Nobby stared at him.

"What d'you mean?" he said.

"Well, all right, last desperate million-to-one chances always work, right, no
problem, but...well, it's pretty wossname, specific. I mean, isn't it?"

"You tell me," said Nobby.

"What if it's just a thousand-to-one chance?" said Colon agonizedly.

"What?"

"Anyone ever heard of a thousand-to-one shot coming up?"

Carrot looked up. "Don't be daft, Sergeant," he said. "No one ever saw a
thousand-to-one chance come up. The odds against it are—" his lips
moved—"millions to one."

"Yeah. Millions," agreed Nobby.

"So it'd only work if it's your actual million-to-one chance," said the
sergeant.

"I suppose that's right," said Nobby.

"So 999,943-to-one, for example—" Colon began.

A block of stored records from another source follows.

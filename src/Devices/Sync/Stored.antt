-- ===== src/Devices/Sync/Stored.antt =====
-- The peers of the interface, and the devices in the storage.
use wg_access_server.Prelude.{
  ℕ, ◌<◌, Bool, true, false, not, ◌&&◌, ◌≡◌, refl, sym, ap, ◌∙◌, ◌↔◌, inl, inr, Option, none, some,
  List, [], ◌∷◌, map, any, arith, ◌==◌, elem, list_eq, list_beq_iff, nat_eq, In, In-keep, keep-In,
  keep, Bool-cases, Option-cases, if◌then◌else◌, subst,
}
use wg_access_server.Prelude.GoMap.{GoMap, get, IsMap, values, In-values, values-In}
use wg_access_server.Prelude.Text.{Text}
use wg_access_server.Storage.{Device, User, access_allowed, expired}
use wg_access_server.Storage.Memory.{Memory, list_devices}
use wg_access_server.Devices.Sync.{
  Peer, WireGuard, KeyForms, complete_with, is_incomplete, with_owner_names, list_all_devices,
  allowed_keys, blocked_keys, sync_peers, remove_blocked_peers,
}
use wg_access_server.Devices.Sync.Peers.{IsReliable, has-sync_peers, has-remove_blocked_peers}

-- No expiry, or one that is still to come.
abbrev pub StillAhead : Option ℕ → ℕ → Type 0
StillAhead none now = Unit
StillAhead (some expiry) now = now < expiry

-- The device may connect.
abbrev pub MayConnect : Device → ℕ → Type 0
MayConnect d now = (d.disabled ≡ false) × StillAhead d.expires_at now

pub access_allowed-MayConnect :
    (d : Device) (now : ℕ) → access_allowed d now ≡ true ↔ MayConnect d now
unfolding access_allowed expired
access_allowed-MayConnect d now = elim (Option-cases d.expires_at) [
  | inl e ↦ rw e ((λ h. ground (arith, e)), (λ h. ground (arith, e)))
  | inr (expiry, e) ↦ rw e ((λ h. ground (arith, e)), (λ h. ground (arith, e)))
]

-- A stored device has the key, and may connect.
abbrev pub IsAdmitted : Memory → ℕ → Text → Type 0
IsAdmitted s now key =
    (k : Text) × (d : Device) × (get s.db k ≡ some d) × (d.public_key ≡ key) × MayConnect d now

module _ (q : Device → Bool) where
  -- The keys of the devices that pass a test.
  abbrev keys_where : List Device → List Text
  keys_where devices = map (λ (d : Device). d.public_key) (keep q devices)

  elem-keys_where :
      (devices : List Device) (key : Text)
      → elem key (keys_where devices) ≡ true
      → (d : Device) × In d devices × (d.public_key ≡ key) × (q d ≡ true)
  unfolding keep elem
  elem-keys_where [] key h = cc
  elem-keys_where (d ∷ devices) key h = elim (Bool-cases (q d && key == d.public_key)) [
    | inl e ↦ (d, inl refl, ground (arith, list_beq_iff key d.public_key), ground arith)
    | inr e ↦ let (x, n, p, r) = elem-keys_where devices key (ground arith) in (x, inr n, p, r)
  ]

  keys_where-elem :
      (devices : List Device) (d : Device)
      → In d devices
      → q d ≡ true
      → elem d.public_key (keys_where devices) ≡ true
  unfolding keep elem
  keys_where-elem [] d n e = elim n [ ]
  keys_where-elem (x ∷ devices) d (inl same) e = ground (
    arith,
    same,
    ap q same,
    ap (λ (y : Device). y.public_key) same,
    list_beq_iff d.public_key x.public_key,
  )
  keys_where-elem (x ∷ devices) d (inr n) e = ground (arith, keys_where-elem devices d n e)

  abbrev completed : GoMap Text User → Device → Device
  completed known d = if is_incomplete d then complete_with d (get known d.owner) else d

  module _ (same_test : (d : Device) (o : Option User) → q (complete_with d o) ≡ q d) where
    complete_with-key :
        (d : Device) (o : Option User) → (complete_with d o).public_key ≡ d.public_key
    complete_with-key d none = refl
    complete_with-key d (some user) = refl

    completed-same :
        (known : GoMap Text User) (d : Device)
        → ((completed known d).public_key ≡ d.public_key) × (q (completed known d) ≡ q d)
    completed-same known d = elim (Bool-cases (is_incomplete d)) [
      | inl e ↦ rw e (complete_with-key d (get known d.owner), same_test d (get known d.owner))
      | inr e ↦ rw e (refl, refl)
    ]

    keys_where-completed :
        (known : GoMap Text User) (devices : List Device)
        → keys_where (map (completed known) devices) ≡ keys_where devices
    unfolding keep
    keys_where-completed known [] = refl
    keys_where-completed known (d ∷ devices) =
        let (key, test) = completed-same known d in
        let rest = keys_where-completed known devices in
        elim (Bool-cases (q d)) [
          | inl e ↦ rw (test, e) (rw (key, rest) refl)
          | inr e ↦ rw (test, e) rest
        ]

    keys_where-with_owner_names :
        (s : Memory) (devices : List Device)
        → keys_where (with_owner_names s devices) ≡ keys_where devices
    unfolding with_owner_names
    keys_where-with_owner_names s devices = elim (Bool-cases (any is_incomplete devices)) [
      | inl e ↦ rw e (keys_where-completed _ devices)
      | inr e ↦ rw e refl
    ]

    -- The keys of the stored devices that pass the test.
    elem-stored :
        (s : Memory) (key : Text)
        → IsMap s.db
        → elem key (keys_where (list_all_devices s)) ≡ true
        → (k : Text) × (d : Device) × (get s.db k ≡ some d) × (d.public_key ≡ key) × (q d ≡ true)
    unfolding list_all_devices list_devices
    elem-stored s key w h =
        let (d, n, p, e) =
          elem-keys_where (list_devices s []) key
            (ap (elem key) (sym (keys_where-with_owner_names s (list_devices s []))) ∙ h) in
        let (v, always) = In-keep _ d (values s.db) n in
        let (k, g) = In-values s.db d w v in (k, d, g, p, e)

    stored-elem :
        (s : Memory) (k : Text) (d : Device)
        → get s.db k ≡ some d
        → q d ≡ true
        → elem d.public_key (keys_where (list_all_devices s)) ≡ true
    unfolding list_all_devices list_devices
    stored-elem s k d g e =
        ap (elem d.public_key) (keys_where-with_owner_names s (list_devices s []))
        ∙ keys_where-elem (list_devices s []) d
            (keep-In _ d (values s.db) (values-In s.db k d g) refl) e

complete_with-access_allowed :
    (now : ℕ) (d : Device) (o : Option User)
    → access_allowed (complete_with d o) now ≡ access_allowed d now
unfolding access_allowed expired
complete_with-access_allowed now d none = refl
complete_with-access_allowed now d (some user) = refl

complete_with-blocked :
    (now : ℕ) (d : Device) (o : Option User)
    → not (access_allowed (complete_with d o) now) ≡ not (access_allowed d now)
complete_with-blocked now d o = ap not (complete_with-access_allowed now d o)

-- A key of the list is that of a stored device that may connect.
pub allowed-get :
    (s : Memory) (now : ℕ) (key : Text)
    → IsMap s.db
    → elem key (allowed_keys (list_all_devices s) now) ≡ true
    → (k : Text) × (d : Device) × (get s.db k ≡ some d)
      × (d.public_key ≡ key)
      × (access_allowed d now ≡ true)
unfolding allowed_keys
allowed-get s now key = elem-stored _ (complete_with-access_allowed now) s key

module _ {wg : WireGuard} (r : IsReliable wg) (s : Memory) (now : ℕ) (st : wg.State)
    (ps : List Peer) (key : Text) where
  -- With a reliable interface whose peers can be listed, and a store with each key once: after a sync,
  -- a key has a peer if and only if it is the public key of a stored device that is not blocked and
  -- whose expiry, if there is one, is still to come, whatever peers there were before.
  pub sync_peers-has :
      (f : KeyForms)
      → IsMap s.db
      → wg.list_peers st ≡ some ps
      → r.has (sync_peers wg f s now st).0 key ≡ true ↔ IsAdmitted s now key
  unfolding allowed_keys
  sync_peers-has f w listed =
      let at = has-sync_peers r f s now st ps key listed in
      (
        (λ h.
            let (k, d, g, same, allowed) = allowed-get s now key w (sym at ∙ h) in
            (k, d, g, same, (access_allowed-MayConnect d now).0 allowed)),
        (λ (k, d, g, same, may).
            at
            ∙ subst (λ (x : Text). elem x (allowed_keys (list_all_devices s) now) ≡ true) same
                (stored-elem _ (complete_with-access_allowed now) s k d g
                  ((access_allowed-MayConnect d now).1 may))),
      )

  blocked-stored :
      elem key (blocked_keys wg (list_all_devices s) now) ≡ false
      → (k : Text) (d : Device) → get s.db k ≡ some d
      → d.public_key ≡ key
      → MayConnect d now
  unfolding blocked_keys
  blocked-stored free k d g same = elim (Bool-cases (access_allowed d now)) [
    | inl allowed ↦ (access_allowed-MayConnect d now).0 allowed
    | inr refused ↦
        let listed : elem key (blocked_keys wg (list_all_devices s) now) ≡ true =
          subst (λ (x : Text). elem x (blocked_keys wg (list_all_devices s) now) ≡ true) same
            (stored-elem _ (complete_with-blocked now) s k d g (ground (arith, refused))) in
        ground (arith, listed, free)
  ]

  stored-blocked :
      IsMap s.db
      → ((k : Text) (d : Device) → get s.db k ≡ some d → d.public_key ≡ key → MayConnect d now)
      → elem key (blocked_keys wg (list_all_devices s) now) ≡ false
  unfolding blocked_keys
  stored-blocked w may = elim (Bool-cases (elem key (blocked_keys wg (list_all_devices s) now))) [
    | inr absent ↦ absent
    | inl present ↦
        let (k, d, g, same, refused) = elem-stored _ (complete_with-blocked now) s key w present in
        let allowed = (access_allowed-MayConnect d now).1 (may k d g same) in
        ground (arith, refused, allowed)
  ]

  -- With a reliable interface whose peers can be listed, and a store with each key once: after the
  -- pass over the access, a key has a peer if and only if it had one before and every stored device
  -- with that public key is not blocked and has an expiry, if any, that is still to come.
  pub remove_blocked_peers-has :
      IsMap s.db
      → wg.list_peers st ≡ some ps
      → r.has (remove_blocked_peers wg s now st) key ≡ true
        ↔ (r.has st key ≡ true)
          × ((k : Text) (d : Device) → get s.db k ≡ some d → d.public_key ≡ key → MayConnect d now)
  remove_blocked_peers-has w listed =
      let at = has-remove_blocked_peers r s now st ps key listed in
      (
        (λ h. (ground (arith, at, h), blocked-stored (ground (arith, at, h)))),
        (λ (there, may). ground (arith, at, there, stored-blocked w may)),
      )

Carrot shook his head. "Wouldn't have a hope. No one ever said, 'It's a
999,943-to-one chance but it just might work.'"

\- Guards! Guards!

------
prando
I am curious to know this - how do various nations/ space programs ensure that
the objectives of their missions are significantly different that they don't
end up repeating the work/ results of other missions (from other nations)? Do
all space agencies work together to determine what the focus would be (I guess
not, but it'd be cool, if it were like that)!

------
linuxftw
Digital camera technology is leaps and bounds beyond the last rovers we sent.
Hopefully we get top quality photos this time around.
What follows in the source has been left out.